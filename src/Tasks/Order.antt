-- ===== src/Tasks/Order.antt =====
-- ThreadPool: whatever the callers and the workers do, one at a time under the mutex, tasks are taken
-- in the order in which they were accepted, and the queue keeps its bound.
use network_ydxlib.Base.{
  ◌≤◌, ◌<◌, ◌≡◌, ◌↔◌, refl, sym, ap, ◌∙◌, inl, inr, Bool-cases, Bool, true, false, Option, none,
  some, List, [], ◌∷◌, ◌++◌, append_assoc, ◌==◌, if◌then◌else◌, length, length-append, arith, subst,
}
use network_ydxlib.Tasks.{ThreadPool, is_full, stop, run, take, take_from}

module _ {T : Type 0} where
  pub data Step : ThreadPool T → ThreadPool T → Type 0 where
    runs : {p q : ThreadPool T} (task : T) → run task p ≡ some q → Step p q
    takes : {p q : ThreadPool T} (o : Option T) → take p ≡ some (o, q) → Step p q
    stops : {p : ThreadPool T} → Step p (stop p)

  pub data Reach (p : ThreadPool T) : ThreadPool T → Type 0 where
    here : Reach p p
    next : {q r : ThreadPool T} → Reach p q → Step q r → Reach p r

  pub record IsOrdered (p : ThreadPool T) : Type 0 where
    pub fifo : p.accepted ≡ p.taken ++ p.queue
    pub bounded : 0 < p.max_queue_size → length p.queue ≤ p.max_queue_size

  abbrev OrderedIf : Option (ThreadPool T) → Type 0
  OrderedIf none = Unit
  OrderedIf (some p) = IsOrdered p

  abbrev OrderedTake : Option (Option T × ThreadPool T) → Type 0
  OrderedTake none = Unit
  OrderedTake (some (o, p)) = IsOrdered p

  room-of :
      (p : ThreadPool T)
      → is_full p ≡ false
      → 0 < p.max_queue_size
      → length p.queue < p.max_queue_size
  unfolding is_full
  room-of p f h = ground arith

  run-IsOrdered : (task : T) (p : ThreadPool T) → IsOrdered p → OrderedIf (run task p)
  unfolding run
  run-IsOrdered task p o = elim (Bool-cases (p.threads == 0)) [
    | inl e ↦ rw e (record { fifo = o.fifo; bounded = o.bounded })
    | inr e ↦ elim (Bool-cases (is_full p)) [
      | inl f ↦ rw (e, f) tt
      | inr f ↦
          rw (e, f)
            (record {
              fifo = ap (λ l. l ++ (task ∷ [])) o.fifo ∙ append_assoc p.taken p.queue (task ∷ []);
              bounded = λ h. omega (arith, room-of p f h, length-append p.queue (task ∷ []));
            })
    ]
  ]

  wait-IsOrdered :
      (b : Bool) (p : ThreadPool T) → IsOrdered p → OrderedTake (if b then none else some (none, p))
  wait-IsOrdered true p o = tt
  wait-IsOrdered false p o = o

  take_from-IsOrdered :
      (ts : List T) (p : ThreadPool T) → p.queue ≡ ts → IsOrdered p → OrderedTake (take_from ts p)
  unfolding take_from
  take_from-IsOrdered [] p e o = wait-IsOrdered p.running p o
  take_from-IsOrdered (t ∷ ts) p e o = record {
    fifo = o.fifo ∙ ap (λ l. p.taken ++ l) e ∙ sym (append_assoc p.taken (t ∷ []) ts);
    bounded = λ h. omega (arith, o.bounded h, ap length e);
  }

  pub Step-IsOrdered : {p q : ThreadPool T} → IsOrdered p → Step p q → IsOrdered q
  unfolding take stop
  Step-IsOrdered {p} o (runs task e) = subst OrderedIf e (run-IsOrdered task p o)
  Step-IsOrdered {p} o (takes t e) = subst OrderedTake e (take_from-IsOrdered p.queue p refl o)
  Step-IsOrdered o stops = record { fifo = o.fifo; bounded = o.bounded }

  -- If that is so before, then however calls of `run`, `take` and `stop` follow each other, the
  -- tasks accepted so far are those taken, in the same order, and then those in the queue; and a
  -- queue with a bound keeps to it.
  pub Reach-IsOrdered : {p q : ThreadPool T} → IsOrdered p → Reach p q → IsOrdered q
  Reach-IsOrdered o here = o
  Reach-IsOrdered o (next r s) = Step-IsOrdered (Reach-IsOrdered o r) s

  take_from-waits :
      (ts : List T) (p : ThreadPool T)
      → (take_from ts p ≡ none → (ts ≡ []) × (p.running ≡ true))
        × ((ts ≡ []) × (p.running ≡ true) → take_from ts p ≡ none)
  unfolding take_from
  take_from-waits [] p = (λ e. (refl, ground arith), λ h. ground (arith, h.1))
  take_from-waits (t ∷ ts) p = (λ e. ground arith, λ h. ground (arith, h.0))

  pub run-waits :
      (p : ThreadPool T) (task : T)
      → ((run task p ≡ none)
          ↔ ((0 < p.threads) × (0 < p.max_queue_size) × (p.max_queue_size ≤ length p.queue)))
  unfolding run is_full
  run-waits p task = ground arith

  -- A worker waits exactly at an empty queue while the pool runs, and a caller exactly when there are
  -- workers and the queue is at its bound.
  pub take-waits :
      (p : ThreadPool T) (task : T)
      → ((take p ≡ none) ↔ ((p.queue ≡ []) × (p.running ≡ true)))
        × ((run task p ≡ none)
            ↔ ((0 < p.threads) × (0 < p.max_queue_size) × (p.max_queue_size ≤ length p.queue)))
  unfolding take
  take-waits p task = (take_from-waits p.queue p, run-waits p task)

* * *

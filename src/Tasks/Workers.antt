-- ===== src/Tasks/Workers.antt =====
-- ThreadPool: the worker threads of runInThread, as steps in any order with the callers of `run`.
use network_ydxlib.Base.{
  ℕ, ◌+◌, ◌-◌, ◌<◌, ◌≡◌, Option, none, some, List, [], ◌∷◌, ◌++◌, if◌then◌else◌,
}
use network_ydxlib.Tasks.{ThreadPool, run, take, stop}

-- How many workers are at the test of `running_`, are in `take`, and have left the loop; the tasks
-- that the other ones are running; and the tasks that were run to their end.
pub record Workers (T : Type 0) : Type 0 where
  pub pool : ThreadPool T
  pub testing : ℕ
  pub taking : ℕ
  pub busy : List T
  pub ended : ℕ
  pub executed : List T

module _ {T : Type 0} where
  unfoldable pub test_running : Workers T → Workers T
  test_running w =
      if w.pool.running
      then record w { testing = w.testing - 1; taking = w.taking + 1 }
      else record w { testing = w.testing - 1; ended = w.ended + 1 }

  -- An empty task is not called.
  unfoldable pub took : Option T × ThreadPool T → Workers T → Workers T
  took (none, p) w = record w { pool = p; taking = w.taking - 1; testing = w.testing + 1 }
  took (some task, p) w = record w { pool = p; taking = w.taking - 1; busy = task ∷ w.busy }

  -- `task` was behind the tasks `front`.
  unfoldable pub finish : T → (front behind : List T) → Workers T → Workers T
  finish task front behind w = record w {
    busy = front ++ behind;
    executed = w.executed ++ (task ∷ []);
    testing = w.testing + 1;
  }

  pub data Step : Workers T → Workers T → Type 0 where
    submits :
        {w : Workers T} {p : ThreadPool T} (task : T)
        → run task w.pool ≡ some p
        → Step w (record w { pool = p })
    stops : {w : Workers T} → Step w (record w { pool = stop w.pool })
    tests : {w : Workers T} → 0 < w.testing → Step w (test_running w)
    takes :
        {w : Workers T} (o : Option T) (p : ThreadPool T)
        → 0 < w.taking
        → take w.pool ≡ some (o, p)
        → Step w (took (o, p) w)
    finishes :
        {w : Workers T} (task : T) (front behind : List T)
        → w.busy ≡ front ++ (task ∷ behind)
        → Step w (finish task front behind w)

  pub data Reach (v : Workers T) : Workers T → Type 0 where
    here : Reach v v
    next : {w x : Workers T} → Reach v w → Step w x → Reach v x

Task goal: Nothing beyond a number is expected: count the lines of the material that hold the string "stops".

Answer space: 3